Meanwhile, a variety of research into Salmonella spp. antimicrobial resistance in chicken and poultry products has been conducted in various countries. Salmonella spp. antimicrobial resistance was isolated from chicken and poultry products in Egypt, Iran, Japan, Malaysia, Myanmar, Singapore, and South Korea, as shown in Table 3. Except for the study conducted in Japan, all the studies used the disk diffusion test to assess the antimicrobial resistance of Salmonella spp. that were isolated from chicken and poultry products. Overall, each country’s Salmonella strains demonstrated varying resistance levels to antimicrobial medicines.
According to the studies listed in Table 3, Salmonella spp. resistance to ampicillin (AMP) was observed in all the countries studied (Iran, 11.7%; Japan, 17.9%; Malaysia, 72.7%; Myanmar, 47.1; Singapore, 78.8%; South Korea, 5.6%). This suggested that AMP was commonly utilized as a main antibiotic in the poultry sector in these countries [29,48]. AMP belongs to the β-lactams family, and it works by interfering with the penicillin-binding proteins involved in synthesizing peptidoglycan formation [9,46]. The secretion of β-lactamases (blaTEM−1 and blaPSE−1) into the periplasmic fluid, hydrolyzing the beta-lactam ring into the non-antimicrobial-ability beta-amino acid, representing the resistance mechanism Salmonella spp., a Gram-negative bacterium, toward AMP [46].

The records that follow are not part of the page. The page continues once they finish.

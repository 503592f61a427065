-- ===== src/Python/Utf8.antt =====
-- s.encode("utf-8") and b.decode("utf-8", "replace") as CPython does them: an ill-formed sequence
-- gives one U+FFFD for its longest well-formed start, or for one byte.
use ecu_telemetry.Prelude.{
  ℕ, zero, suc, ◌+◌, ◌-◌, ◌*◌, ◌/◌, ◌%◌, ◌≤◌, ◌<◌, ◌≡◌, refl, ap, ◌⊎◌, Bool, true, false, ◌&&◌,
  List, [], ◌∷◌, ◌++◌, arith, ltb, leb, ◌==◌, if◌then◌else◌, All,
}
use ecu_telemetry.Python.Result.{Result, ok, err, unicode_error, ◌>>=◌}
use ecu_telemetry.Python.Text.{Text}

-- A surrogate is no character, and encoding it raises UnicodeEncodeError.
is_surrogate : ℕ → Bool
is_surrogate c = leb 0xD800 c && ltb c 0xE000

-- the continuation byte of the lowest six bits
abbrev cont : ℕ → ℕ
cont c = 0x80 + c % 64

encode_char : ℕ → List ℕ
encode_char c =
    if ltb c 0x80
    then c ∷ []
    else if ltb c 0x800
    then (0xC0 + c / 64) ∷ cont c ∷ []
    else if ltb c 0x10000
    then (0xE0 + c / 4096) ∷ cont (c / 64) ∷ cont c ∷ []
    else (0xF0 + c / 262144) ∷ cont (c / 4096) ∷ cont (c / 64) ∷ cont c ∷ []

unfoldable pub utf8_encode : Text → Result (List ℕ)
unfolding encode_char is_surrogate
utf8_encode [] = ok []
utf8_encode (c ∷ s) =
    let rest = utf8_encode s in
    if is_surrogate c then err unicode_error else (rest >>= λ bs. ok (encode_char c ++ bs))

-- A byte in the range that may follow.
abbrev within : ℕ → ℕ → ℕ → Bool
within lo hi b = leb lo b && leb b hi

is_cont : ℕ → Bool
is_cont b = within 0x80 0xBF b

-- The second byte's range rules out overlong forms, surrogates and what lies above U+10FFFF.
second_of_3 : ℕ → ℕ → Bool
second_of_3 a b =
    if a == 0xE0
    then within 0xA0 0xBF b
    else if a == 0xED
    then within 0x80 0x9F b
    else within 0x80 0xBF b

second_of_4 : ℕ → ℕ → Bool
second_of_4 a b =
    if a == 0xF0
    then within 0x90 0xBF b
    else if a == 0xF4
    then within 0x80 0x8F b
    else within 0x80 0xBF b

-- One character from the front: the character and how many bytes it takes beyond the first.
front : ℕ → List ℕ → ℕ × ℕ
front a [] = if ltb a 0x80 then (a, 0) else (0xFFFD, 0)
front a (b ∷ []) =
    if ltb a 0x80
    then (a, 0)
    else if within 0xC2 0xDF a && is_cont b
    then ((a - 0xC0) * 64 + (b - 0x80), 1)
    else if within 0xE0 0xEF a && second_of_3 a b
    then (0xFFFD, 1)
    else if within 0xF0 0xF4 a && second_of_4 a b
    then (0xFFFD, 1)
    else (0xFFFD, 0)
front a (b ∷ c ∷ []) =
    if ltb a 0x80
    then (a, 0)
    else if within 0xC2 0xDF a && is_cont b
    then ((a - 0xC0) * 64 + (b - 0x80), 1)
    else if within 0xE0 0xEF a && second_of_3 a b
    then (if is_cont c then ((a - 0xE0) * 4096 + (b - 0x80) * 64 + (c - 0x80), 2) else (0xFFFD, 1))
    else if within 0xF0 0xF4 a && second_of_4 a b
    then (if is_cont c then (0xFFFD, 2) else (0xFFFD, 1))
    else (0xFFFD, 0)
front a (b ∷ c ∷ d ∷ _) =
    if ltb a 0x80
    then (a, 0)
    else if within 0xC2 0xDF a && is_cont b
    then ((a - 0xC0) * 64 + (b - 0x80), 1)
    else if within 0xE0 0xEF a && second_of_3 a b
    then (if is_cont c then ((a - 0xE0) * 4096 + (b - 0x80) * 64 + (c - 0x80), 2) else (0xFFFD, 1))
    else if within 0xF0 0xF4 a && second_of_4 a b
    then (if is_cont c
        then (if is_cont d
            then ((a - 0xF0) * 262144 + (b - 0x80) * 4096 + (c - 0x80) * 64 + (d - 0x80), 3)
            else (0xFFFD, 2))
        else (0xFFFD, 1))
    else (0xFFFD, 0)

-- `skip` bytes belong to the character before.
decode_loop : ℕ → List ℕ → Text
unfolding front
decode_loop skip [] = []
decode_loop (suc skip) (a ∷ bs) = decode_loop skip bs
decode_loop zero (a ∷ bs) = let (c, n) = front a bs in c ∷ decode_loop n bs

unfoldable pub utf8_decode : List ℕ → Text
unfolding decode_loop is_cont second_of_3 second_of_4
utf8_decode bs = decode_loop 0 bs

-- The code points that have an encoding.
abbrev pub IsScalar : ℕ → Type 0
IsScalar c = (c < 0xD800) ⊎ ((0xE000 ≤ c) × (c < 0x110000))

one_byte : (c : ℕ) (bs : List ℕ) → c < 0x80 → decode_loop 0 (c ∷ bs) ≡ c ∷ decode_loop 0 bs
unfolding decode_loop
one_byte c [] h = ground arith
one_byte c (x ∷ []) h = ground arith
one_byte c (x ∷ y ∷ []) h = ground arith
one_byte c (x ∷ y ∷ z ∷ bs) h = ground arith

two_bytes :
    (c : ℕ) (bs : List ℕ)
    → 0x80 ≤ c
    → c < 0x800
    → decode_loop 0 ((0xC0 + c / 64) ∷ cont c ∷ bs) ≡ c ∷ decode_loop 0 bs
unfolding decode_loop is_cont second_of_3
two_bytes c [] h k = ground arith
two_bytes c (x ∷ []) h k = ground arith
two_bytes c (x ∷ y ∷ bs) h k = ground arith

three_bytes :
    (c : ℕ) (bs : List ℕ)
    → 0x800 ≤ c
    → c < 0x10000
    → IsScalar c
    → decode_loop 0 ((0xE0 + c / 4096) ∷ cont (c / 64) ∷ cont c ∷ bs) ≡ c ∷ decode_loop 0 bs
unfolding decode_loop is_cont second_of_3
three_bytes c [] h k s = ground arith
three_bytes c (x ∷ bs) h k s = ground arith

cont-is_cont : (c : ℕ) → is_cont (cont c) ≡ true
unfolding is_cont
cont-is_cont c = ground arith

second_in_range :
    (c : ℕ) → 0x10000 ≤ c → c < 0x110000 → second_of_4 (0xF0 + c / 262144) (cont (c / 4096)) ≡ true
unfolding second_of_4
second_in_range c h k = ground arith

abbrev join_4 : ℕ → ℕ → ℕ → ℕ → ℕ
join_4 a b c d = (a - 0xF0) * 262144 + (b - 0x80) * 4096 + (c - 0x80) * 64 + (d - 0x80)

join_four : (c : ℕ) → join_4 (0xF0 + c / 262144) (cont (c / 4096)) (cont (c / 64)) (cont c) ≡ c
join_four c = omega arith

four_bytes :
    (c : ℕ) (bs : List ℕ)
    → 0x10000 ≤ c
    → c < 0x110000
    → decode_loop 0 ((0xF0 + c / 262144) ∷ cont (c / 4096) ∷ cont (c / 64) ∷ cont c ∷ bs)
      ≡ c ∷ decode_loop 0 bs
unfolding decode_loop
four_bytes c bs h k =
    rw
      (
        first_not_ascii,
        first_not_2,
        first_not_3,
        first_is_4,
        second_in_range c h k,
        cont-is_cont (c / 64),
        cont-is_cont c,
      )
      (ap (λ (x : ℕ). x ∷ decode_loop 0 bs) (join_four c))
  where
    first_not_ascii : ltb (0xF0 + c / 262144) 0x80 ≡ false
    first_not_ascii = ground arith

    first_not_2 : within 0xC2 0xDF (0xF0 + c / 262144) ≡ false
    first_not_2 = ground arith

    first_not_3 : within 0xE0 0xEF (0xF0 + c / 262144) ≡ false
    first_not_3 = ground arith

    first_is_4 : within 0xF0 0xF4 (0xF0 + c / 262144) ≡ true
    first_is_4 = ground arith

decode_char :
    (c : ℕ) (bs : List ℕ) → IsScalar c → decode_loop 0 (encode_char c ++ bs) ≡ c ∷ decode_loop 0 bs
unfolding encode_char
decode_char c bs h =
    ground (arith, one_byte c bs, two_bytes c bs, three_bytes c bs, four_bytes c bs)

not_surrogate : (c : ℕ) → IsScalar c → is_surrogate c ≡ false
unfolding is_surrogate
not_surrogate c h = ground arith

-- A text without surrogates has an encoding, and decoding it gives the text back.
pub utf8_decode-utf8_encode :
    (s : Text) → All IsScalar s → (bs : List ℕ) × (utf8_encode s ≡ ok bs) × (utf8_decode bs ≡ s)
unfolding utf8_encode utf8_decode
utf8_decode-utf8_encode [] h = ([], refl, refl)
utf8_decode-utf8_encode (c ∷ s) (h, hs) =
    let (bs, e, d) = utf8_decode-utf8_encode s hs in
    (
      encode_char c ++ bs,
      rw (not_surrogate c h, e),
      rw (decode_char c bs h) (ap (λ (t : Text). c ∷ t) d),
    )

samples :
    utf8_decode (0x41 ∷ 0xE2 ∷ 0x82 ∷ 0xAC ∷ 0xE2 ∷ 0x82 ∷ 0x42 ∷ 0xFF ∷ [])
    ≡ 0x41 ∷ 0x20AC ∷ 0xFFFD ∷ 0x42 ∷ 0xFFFD ∷ []
unfolding utf8_decode
samples = refl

Aside from AMP, nalidixic acid (NA) resistance was found in all studied countries except Myanmar. It was reported that the high Salmonella resistance rate to NA in Iran was due to the overuse of NA for growth promotion and salmonellosis treatment [24].
The capacity of ERY to induce the transposition of the erythromycin-resistant gene from a non-conjugative to a conjugative plasmid contributed to its high resistance level. As a result, it can be transferred from one bacterium to another [34,49]. Thung found that Salmonella was utterly resistant to ERY. This can be explained as the result of the misuse of ERY, causing resistance to happen [48]. Therefore, ERY is no longer encouraged for use in livestock, especially in the chicken industry.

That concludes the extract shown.